Calumma nasutum, the Madagascar pimple-nose chameleon, is a small species of chameleon found in Madagascar. The taxonomic identity of the species is currently uncertain and in need of revision, and this revision is likely to result in several newly described species. Several different data sets indicate that C. nasutum is a complex of several species.

Taxonomy
Calumma nasutum belongs to the so-called "C. nasutum species group" within the genus Calumma.

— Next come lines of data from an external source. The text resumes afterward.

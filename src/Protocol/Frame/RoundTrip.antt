-- ===== src/Protocol/Frame/RoundTrip.antt =====
-- internal/protocol/frame.go: what is encoded is decoded, and nothing else is.
use goxfer.Base.{
  ℕ, ◌+◌, ◌≤◌, ◌<◌, ◌≡◌, refl, sym, ap, ◌∙◌, Bool, true, false, [], ◌∷◌, ◌++◌, append_assoc, Bytes,
  length, all, ltb, leb, if◌then◌else◌, arith, guard, ◌>>◌, >>=-done, >>=-fail, >>=-eq-done,
  guard-eq-done, &&-elim, all-append, done, fail, ok, err, take-append_length, drop-append_length,
  take-append-drop, length-append, length-take, Bool-cases, ◌⊎◌, inl, inr,
}
use goxfer.Protocol.Frame.{
  payload_too_large, incoming_too_large, eof, unexpected_eof, max_frame_size, put_uint32, uint32,
  encode_frame, read_full, decode_frame,
}

read_full-append : (xs ys : Bytes) → read_full (length xs) (xs ++ ys) ≡ done xs ys
unfolding read_full
read_full-append xs ys =
    ground (arith, take-append_length xs ys, drop-append_length xs ys, length-append xs ys)

-- A length that fits in a frame survives its four header bytes.
uint32-put_uint32 : (n : ℕ) → n ≤ max_frame_size → uint32 (put_uint32 n) ≡ n
uint32-put_uint32 n h = omega arith

-- After a whole header the size is checked before any byte of the payload is read.
decode_frame_header :
    (a b c d : ℕ) (s : Bytes)
    → decode_frame (a ∷ b ∷ c ∷ d ∷ s) ≡ (
        if leb (uint32 (a ∷ b ∷ c ∷ d ∷ [])) max_frame_size
        then read_full (uint32 (a ∷ b ∷ c ∷ d ∷ [])) s
        else fail incoming_too_large s)
unfolding decode_frame
decode_frame_header a b c d s =
    >>=-done (read_full 4) _ (a ∷ b ∷ c ∷ d ∷ s) (read_full-append (a ∷ b ∷ c ∷ d ∷ []) s)
    ∙ guarded (leb (uint32 (a ∷ b ∷ c ∷ d ∷ [])) max_frame_size)
  where
    guarded :
        (fits : Bool)
        → (guard fits incoming_too_large >> read_full (uint32 (a ∷ b ∷ c ∷ d ∷ []))) s
          ≡ (if fits then read_full (uint32 (a ∷ b ∷ c ∷ d ∷ [])) s else fail incoming_too_large s)
    guarded true = refl
    guarded false = refl

decode_frame-put_uint32 :
    (n : ℕ) (s : Bytes) → n ≤ max_frame_size → decode_frame (put_uint32 n ++ s) ≡ read_full n s
decode_frame-put_uint32 n s h =
    decode_frame_header _ _ _ _ s ∙ ground (arith, uint32-put_uint32 n h)

-- What EncodeFrame made of a payload is decoded from the front of any stream, and the rest of the
-- stream is left.
pub decode_frame-encode_frame :
    (payload frame rest : Bytes)
    → encode_frame payload ≡ ok frame
    → decode_frame (frame ++ rest) ≡ done payload rest
unfolding encode_frame
decode_frame-encode_frame payload frame rest h = ground (
  arith,
  read_full-append payload rest,
  decode_frame-put_uint32 (length payload) (payload ++ rest),
  append_assoc (put_uint32 (length payload)) payload rest,
)

-- EncodeFrame fails on the payloads above MaxFrameSize and on no other, and a frame has four
-- bytes more than its payload.
pub encode_frame_cases :
    (payload : Bytes)
    → ((length payload ≤ max_frame_size)
        × ((f : Bytes) × (encode_frame payload ≡ ok f) × (length f ≡ length payload + 4)))
      ⊎ ((max_frame_size < length payload) × (encode_frame payload ≡ err payload_too_large))
unfolding encode_frame
encode_frame_cases payload = elim (Bool-cases (ltb max_frame_size (length payload))) [
  | inl big ↦ inr (ground arith, rw big)
  | inr fits ↦ inl (ground arith, (put_uint32 (length payload) ++ payload, rw fits, omega arith))
]

read_full-eq-done :
    (n : ℕ) (s : Bytes) {p r : Bytes} → read_full n s ≡ done p r → (length p ≡ n) × (s ≡ p ++ r)
unfolding read_full
read_full-eq-done n s h = elim (Bool-cases (leb n (length s))) [
  | inl enough ↦ ground (arith, length-take n s, take-append-drop n s)
  | inr short ↦ ground arith
]

put_uint32-uint32 :
    (a b c d : ℕ)
    → a < 256
    → b < 256
    → c < 256
    → d < 256
    → put_uint32 (uint32 (a ∷ b ∷ c ∷ d ∷ [])) ≡ a ∷ b ∷ c ∷ d ∷ []
put_uint32-uint32 a b c d ha hb hc hd = ground arith

-- What a header must be for a payload to follow it.
abbrev IsHeader : Bytes → Bytes → Type 0
IsHeader header payload = (length payload ≤ max_frame_size) × (header ≡ put_uint32 (length payload))

IsHeader-uint32 :
    (header payload : Bytes)
    → length header ≡ 4
    → all (λ b. ltb b 256) header ≡ true
    → length payload ≡ uint32 header
    → leb (uint32 header) max_frame_size ≡ true
    → IsHeader header payload
IsHeader-uint32 [] payload l bytes e fits = absurd (omega arith)
IsHeader-uint32 (a ∷ []) payload l bytes e fits = absurd (omega arith)
IsHeader-uint32 (a ∷ b ∷ []) payload l bytes e fits = absurd (omega arith)
IsHeader-uint32 (a ∷ b ∷ c ∷ []) payload l bytes e fits = absurd (omega arith)
IsHeader-uint32 (a ∷ b ∷ c ∷ d ∷ []) payload l bytes e fits = (
  ground arith,
  rw e (
      ground (
        arith,
        put_uint32-uint32 a b c d (ground arith) (ground arith) (ground arith) (ground arith),
      )),
)
IsHeader-uint32 (a ∷ b ∷ c ∷ d ∷ e ∷ s) payload l bytes _ fits = absurd (omega arith)

-- A stream of bytes from which DecodeFrame took a payload begins with the frame that EncodeFrame
-- makes of this payload; so no payload above MaxFrameSize is ever delivered.
pub decode_frame-encode_frame_inv :
    (s payload rest : Bytes)
    → all (λ b. ltb b 256) s ≡ true
    → decode_frame s ≡ done payload rest
    → (frame : Bytes) × (encode_frame payload ≡ ok frame) × (s ≡ frame ++ rest)
unfolding encode_frame decode_frame
decode_frame-encode_frame_inv s payload rest bytes h =
    let (header, t, front, more) = >>=-eq-done (read_full 4) _ s h in
    let (x, u, checked, body) =
      >>=-eq-done (guard (leb (uint32 header) max_frame_size) _) _ t more in
    let (fits, same) =
      guard-eq-done (leb (uint32 header) max_frame_size) incoming_too_large t checked in
    let (four, split) = read_full-eq-done 4 s front in
    let (size, split') = read_full-eq-done (uint32 header) u body in
    let (small, e) =
      IsHeader-uint32 header payload four
        (&&-elim (all (λ b. ltb b 256) header) (all (λ b. ltb b 256) t)
          (sym (all-append _ header t) ∙ sym (ap (all (λ b. ltb b 256)) split) ∙ bytes)).0
        size fits in
    (
      put_uint32 (length payload) ++ payload,
      ground arith,
      cc (append_assoc (put_uint32 (length payload)) payload rest),
    )

read_full_short :
    (n : ℕ) (s : Bytes)
    → length s < n
    → (read_full n s ≡ fail eof []) ⊎ (read_full n s ≡ fail unexpected_eof [])
unfolding read_full
read_full_short n [] h = inl (ground arith)
read_full_short n (b ∷ s) h = inr (ground arith)

decode_frame_short :
    (s : Bytes)
    → length s < 4
    → (decode_frame s ≡ fail eof []) ⊎ (decode_frame s ≡ fail unexpected_eof [])
unfolding decode_frame
decode_frame_short s h = elim (read_full_short 4 s h) [
  | inl e ↦ inl (>>=-fail (read_full 4) _ s e)
  | inr e ↦ inr (>>=-fail (read_full 4) _ s e)
]

-- A frame that is cut off before its end, at any place, makes DecodeFrame report an end of file.
pub decode_frame_truncated :
    (payload xs ys : Bytes)
    → encode_frame payload ≡ ok (xs ++ ys)
    → 0 < length ys
    → (decode_frame xs ≡ fail eof []) ⊎ (decode_frame xs ≡ fail unexpected_eof [])
unfolding encode_frame
decode_frame_truncated payload [] ys h cut = decode_frame_short _ (omega arith)
decode_frame_truncated payload (a ∷ []) ys h cut = decode_frame_short _ (omega arith)
decode_frame_truncated payload (a ∷ b ∷ []) ys h cut = decode_frame_short _ (omega arith)
decode_frame_truncated payload (a ∷ b ∷ c ∷ []) ys h cut = decode_frame_short _ (omega arith)
decode_frame_truncated payload (a ∷ b ∷ c ∷ d ∷ t) ys h cut =
    let small : length payload ≤ max_frame_size = ground arith in
    let body : payload ≡ t ++ ys = ground arith in
    let front : a ∷ b ∷ c ∷ d ∷ t ≡ put_uint32 (length payload) ++ t = ground arith in
    rw (front, decode_frame-put_uint32 (length payload) t small)
      (read_full_short (length payload) t (omega (arith, ap length body, length-append t ys)))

This group is a phenetic one, and has been reconstructed by some studies as being polyphyletic, but the species are unified by their small size and possession of a soft dermal appendage at the front of the nose ("rostral appendage"). The group currently consists of C. nasutum, C. fallax, C. gallus, C. vohibola, C. vatosoa, C. radamanus, C. peyrierasi, C. boettgeri, and C. linotum.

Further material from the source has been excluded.